Только не сочтите это фигурой речи: они, фигуры, хоть и властвуют над этим повествованием по праву сильного, умного и интересного, но здесь вынуждены несколько отступить на манер морского прибоя, который, отступая, обнажает из-под своей слюдяной трепещущей лазури зыбкий, переливающийся песок или старательно облизанные камешки гальки, или гранитную крошку, так похожую на кашу, что её хочется зачерпнуть ложкой и поскорее поднести ко рту – словом, обнажает землю, землю, без которой никакого бы прибоя и не было. Ведь не может же прибой существовать в пустоте, точнее, в том, что мы, несколько неточные в словоупотреблении, привыкли именовать пустотой: в воздухе либо космическом, чёрном как смоль пространстве. Вот так и здесь. Посмотрев на землю, то есть на то, в чём повествование берет свою вязкую силу, мы можем сказать самыми что ни на есть прямыми словами: пули летели настолько медленно, что гости Петра прямо прыснули со смеху.

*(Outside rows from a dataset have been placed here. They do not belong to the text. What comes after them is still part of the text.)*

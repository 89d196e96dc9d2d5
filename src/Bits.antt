-- ===== src/Bits.antt =====
-- Single bits of a machine word. `bit_at` reads a word digit by digit; the laws of `&`, `|` and
-- `~` on single bits are proved from one equation for the lowest digit.
mod Step
pub mod Xor
use Step.{bit_and_step, bit_or_step, bit_and-zero}
use native.Mathlib.Nat.{pow-suc, one-le-pow}
use libratbag.Base.{
  ℕ, zero, suc, ◌+◌, ◌-◌, ◌*◌, ◌/◌, ◌%◌, ◌^◌, ◌≤◌, ◌<◌, min, max, bit_and, bit_or, ◌≡◌, refl, arith,
  ◌==◌, if◌then◌else◌, ap, ◌∙◌,
}

pub bit_at : ℕ → ℕ → ℕ
bit_at w zero = w % 2
bit_at w (suc j) = bit_at (w / 2) j

pub bit_at-lt : (w j : ℕ) → bit_at w j < 2
unfolding bit_at
bit_at-lt w zero = omega arith
bit_at-lt w (suc j) = bit_at-lt (w / 2) j

half-pow : (k : ℕ) → 2 ^ suc k / 2 ≡ 2 ^ k
half-pow k = omega (arith, pow-suc 2 k)

-- `w & (1 << k)` is the bit, at its place.
pub bit_and-pow : (k w : ℕ) → bit_and w (2 ^ k) ≡ bit_at w k * 2 ^ k
unfolding bit_at
bit_and-pow zero w = omega (arith, bit_and_step w 1, bit_and-zero (w / 2))
bit_and-pow (suc k) w = omega (
  arith,
  bit_and_step w (2 ^ suc k),
  ap (bit_and (w / 2)) (half-pow k),
  bit_and-pow k (w / 2),
  pow-suc 2 k,
  ap (λ (t : ℕ). bit_at (w / 2) k * t) (pow-suc 2 k),
)

pub bit_at-bit_or : (j a b : ℕ) → bit_at (bit_or a b) j ≡ max (bit_at a j) (bit_at b j)
unfolding bit_at
bit_at-bit_or zero a b = omega (arith, bit_or_step a b)
bit_at-bit_or (suc j) a b = ap (λ (t : ℕ). bit_at t j) (half a b) ∙ bit_at-bit_or j (a / 2) (b / 2)
  where
    half : (a b : ℕ) → bit_or a b / 2 ≡ bit_or (a / 2) (b / 2)
    half a b = omega (arith, bit_or_step a b)

pub bit_at-bit_and : (j a b : ℕ) → bit_at (bit_and a b) j ≡ min (bit_at a j) (bit_at b j)
unfolding bit_at
bit_at-bit_and zero a b = omega (arith, bit_and_step a b)
bit_at-bit_and (suc j) a b =
    ap (λ (t : ℕ). bit_at t j) (half a b) ∙ bit_at-bit_and j (a / 2) (b / 2)
  where
    half : (a b : ℕ) → bit_and a b / 2 ≡ bit_and (a / 2) (b / 2)
    half a b = omega (arith, bit_and_step a b)

pub bit_at-zero : (j : ℕ) → bit_at 0 j ≡ 0
unfolding bit_at
bit_at-zero zero = refl
bit_at-zero (suc j) = bit_at-zero j

pub bit_at-pow : (k j : ℕ) → bit_at (2 ^ k) j ≡ (if j == k then 1 else 0)
unfolding bit_at
bit_at-pow zero zero = refl
bit_at-pow zero (suc j) = ground (arith, bit_at-zero j)
bit_at-pow (suc k) zero = ground (arith, pow-suc 2 k)
bit_at-pow (suc k) (suc j) =
    ap (λ (t : ℕ). bit_at t j) (half-pow k) ∙ ground (arith, bit_at-pow k j)

-- `~x` over `n` bits.
pub bit_at-complement : (n j x : ℕ) → j < n → x < 2 ^ n → bit_at (2 ^ n - 1 - x) j ≡ 1 - bit_at x j
unfolding bit_at
bit_at-complement zero j x h lt = absurd (omega arith)
bit_at-complement (suc n) zero x h lt = omega (arith, pow-suc 2 n)
bit_at-complement (suc n) (suc j) x h lt =
    ap (λ (t : ℕ). bit_at t j) half
    ∙ bit_at-complement n j (x / 2) (omega arith) (omega (arith, pow-suc 2 n))
  where
    half : (2 ^ suc n - 1 - x) / 2 ≡ 2 ^ n - 1 - x / 2
    half = omega (arith, pow-suc 2 n)

-- A test by a mask of one bit.
pub bit_and-pow_eq_zero : (w k : ℕ) → (bit_and w (2 ^ k) == 0) ≡ (bit_at w k == 0)
bit_and-pow_eq_zero w k = ground (arith, bit_and-pow k w, one-le-pow k 2, bit_at-lt w k)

– Хорошо летят, – усмехнулась в нос Тонкая Женщина, которая, как всегда, смотрела на происходящее с лёгкой брезгливостью, с высоты вечно приподнятого подбородка.

– По правилам летят, не злодействуют, – подхватил Петушок и методично, тремя одинаковыми кивками головы склевал плывущие в воздухе пули.

– Маленький, маленький дурачок, – проговорила цыганка бархатным, певучим голоском, как бы убаюкивая предназначенного на убиение цыплёночка, и одним цепким, но мягким движением вынула пистолет из мгновенно ослабевших, или, точнее, расплавившихся рук Петра.

И тогда Пётр, у которого по чистой случайности в лёгких оказалось несколько галлонов лишнего воздуха, крикнул звучно, но столь шатким голосом, что со стороны казалось, будто он пытается подражать всхлипу, только очень громкому и отчётливому, такому, который всхлипывает себя с надлежащей чёткостью и предельной артикулированностью:

– Ну зачем вы так?!

– О! – только и произнесла Люба, которая стояла несколько в стороне ото всех, очевидно зная, что её место в этой постановке сравнительно сбоку припёку.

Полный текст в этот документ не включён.